Impossible is bound to true if it is impossible that Var has been
defined before Node, and false otherwise.
- Determine a useful task of your own choice, and code it. Make
sure you document exactly what the task is (in comments). Your grade is
based on 1) how creative and useful your task is, 2) how difficult it
is to implement, and 3) correctness. Thus, you may wish to 1) argue for
why your task is useful, and 2) design a task that requires both AST
and CFG information.
Many of the above tasks are
useful and often done by compilers and/or software engineering tools,
and there are thus various compiler
techniques for doing similar tasks efficiently (e.g., dataflow
analysis). Of course, that's not the point here and you don't need to
learn those techniques for this project (indeed, you will probably not
finish if you spend time on that, though I'd be glad to talk to you
later about related research in the software engineering world).
Submission
The programs should be submitted electronically to the grader, and cc'd
to me. Your main program
should be named <firstname>_<surname>_hw10; other
filenames should start with your two initials, and your main program
should automatically load them when it is loaded.
Submit a program including runtest/0.
Hints/Clarifications/Corrections
- To repeat what the assignment says, you will not be writing any
significant code until step 4. If you are, then stop and read the
assignment again.
- As long as you can process small (<200 tokens) programs in a
few seconds, don't worry about efficiency.
- Don't forget that Prolog's only data structure is the structure,
with lists being a special case.

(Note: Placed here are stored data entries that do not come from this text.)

-- ===== src/Holonrpc/Client/Calls.antt =====
-- Calls in both directions: what `handleRequest` of pkg/holonrpc/client.go does with a request that
-- `Server.Invoke` of pkg/holonrpc/server.go wrote, and how `Client.Invoke` ends.
use go_holons.Common.{ℕ, ◌≡◌, ◌≢◌, refl, sym, ◌∙◌, none, some, [], ◌∷◌, false, arith}
use go_holons.Common.Text.{Text, text, text_eq, text_eq_refl, text_eq-false, is_empty, trim_space}
use go_holons.Common.Map.{lookup, lookup-erase}
use go_holons.Holonrpc.Value.{Object}
use go_holons.Holonrpc.Message.{
  Codec, IsLawful, RpcMessage, json_rpc_version, id_key, make_id, decode_params, request_message,
}
use go_holons.Holonrpc.Pending.{unregister}
use go_holons.Holonrpc.Pending.Laws.{IsValid, view, view-deliver}
use go_holons.Holonrpc.Server.State.{Handler, waiting}
use go_holons.Holonrpc.Server.Invoke.{server_id}
use go_holons.Holonrpc.Server.Request.{check_version}
use go_holons.Holonrpc.Server.Calls.{server_id_accepted}
use go_holons.Holonrpc.Client.Connection.{Client}
use go_holons.Holonrpc.Client.Request.{
  handle_request, handle_params, run_handler, answer_handler, handle_response,
}
use go_holons.Holonrpc.Client.Invoke.{World, finish_invoke, forget_call, take_answer}

pub is_empty-false : (t : Text) → t ≢ [] → is_empty t ≡ false
is_empty-false [] h = elim (h refl) [ ]
is_empty-false (x ∷ t) h = refl

-- A request that `Server.Invoke` writes, whose method is trimmed, is not the heartbeat and has a
-- handler at the client, and whose params the client can read, is answered with what that handler
-- returns for those params: the client never takes its identifier for a foreign one.
pub server_call-handled :
    (c : Codec) (s : Client) (ws n : ℕ) (method raw : Text) (params : Object) (h : Handler)
    → IsLawful c
    → trim_space method ≡ method
    → method ≢ []
    → text_eq method (text "rpc.heartbeat") ≡ false
    → decode_params c raw ≡ some params
    → lookup method s.handlers ≡ some h
    → handle_request c s ws (request_message (make_id c (server_id n)) method raw)
      ≡ answer_handler c ws (make_id c (server_id n)) (h params)
unfolding handle_request handle_params run_handler
server_call-handled c s ws n method raw params h law trimmed named calls readable found =
    let (has, (sid, decodes, starts)) = server_id_accepted c n law in
    rw
      (
        text_eq_refl json_rpc_version,
        trimmed,
        is_empty-false method named,
        calls,
        has,
        decodes,
        starts,
        readable,
        found,
      )
      refl

-- Whichever way a call of the client ends, and whatever the other goroutines did to its pending
-- table while it waited, its own key is not in the table afterwards.
pub client_call-forgets :
    (c : Codec) (w : World) (ws : ℕ) (key : Text) (ch : ℕ) (s : Client)
    → lookup key (finish_invoke c w (waiting ws key ch) s).1.pending.table ≡ none
unfolding finish_invoke forget_call unregister
client_call-forgets c w ws key ch s =
    let s' = take_answer c w ch (w.await ws key ch s).0 (w.await ws key ch s).1 in
    ground (arith, lookup-erase key key s'.pending.table, text_eq_refl key)

-- A response whose key a call of the client waits under answers that call, with an error in its
-- place if the version is wrong, and no other call.
pub handle_response-answers :
    (c : Codec) (m : RpcMessage) (key : Text) (s : Client)
    → IsValid s.pending
    → id_key m.id ≡ some key
    → view s.pending key ≡ some none
    → let s' = handle_response c m s in
      (view s'.pending key ≡ some (some (check_version m)))
      × ((j : Text) → j ≢ key → view s'.pending j ≡ view s.pending j)
unfolding handle_response
handle_response-answers c m key s v e waits = rw e (
  view-deliver key key (check_version m) s.pending v ∙ ground (arith, text_eq_refl key, waits),
  λ j differ.
      view-deliver key j (check_version m) s.pending v
      ∙ ground (arith, text_eq-false key j (λ k. differ (sym k))),
)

Similarly, 'id=node17' is also
just shorthand for the structure '=(id,node17)'. Thus, you can
unify against this: e.g., if you unified 'id=X' against this, X would
be bound to node17.
- This assignment is about static
analysis, and you don't need to worry about data values, which are in
general dynamic. For example, in "x:=0-x; while x do ...", the
while loop is never entered but that relies on data values (so, you
don't need to worry about that). Dynamic analysis is a much harder (and
undecidable) problem of course. Most compilers eliminate constant
expressions using constant folding/propagation, but the assignment does
not ask you to do that.
- The "test cases" at the bottom of the parser are test cases I
used for my parser. They have nothing to do with the test cases that
you should come up with for your program.
- IMPORTANT: The parser produces a file (e.g., ast4.xml).
However,
the
line
in
the
code
that actually prints it out was commented
out in my original post, which makes the directions in step 3
mysterious. This line is not commented out in the currently posted
version of the parser, so that is correct. Sorry for any confusion this
may have caused.
- Its OK to use any built-in predicates you want (though you're
likely to waste more time finding something than just coding it).
However, its not OK to 'cheat' by using other languages/libraries.
Examples of this are using XPATH, or the external language interface to
an imperative language.
- I can't vouch for this, but a student told me that different
versions of SWI treat the atom vs. integer issue (see my definition of
Node* above) differently. Nobody has ever told me of such a problem in
the past though, so its probably because of different default options
in the xml predicates.
- If you need to convert between [numeric] atoms and integers,
atom_number/2 will do the job. This might be relevant due to the issues
I mentioned in defining Node* above. Note that Section 4.21 of the SWI
reference manual has various other similar conversion predicates.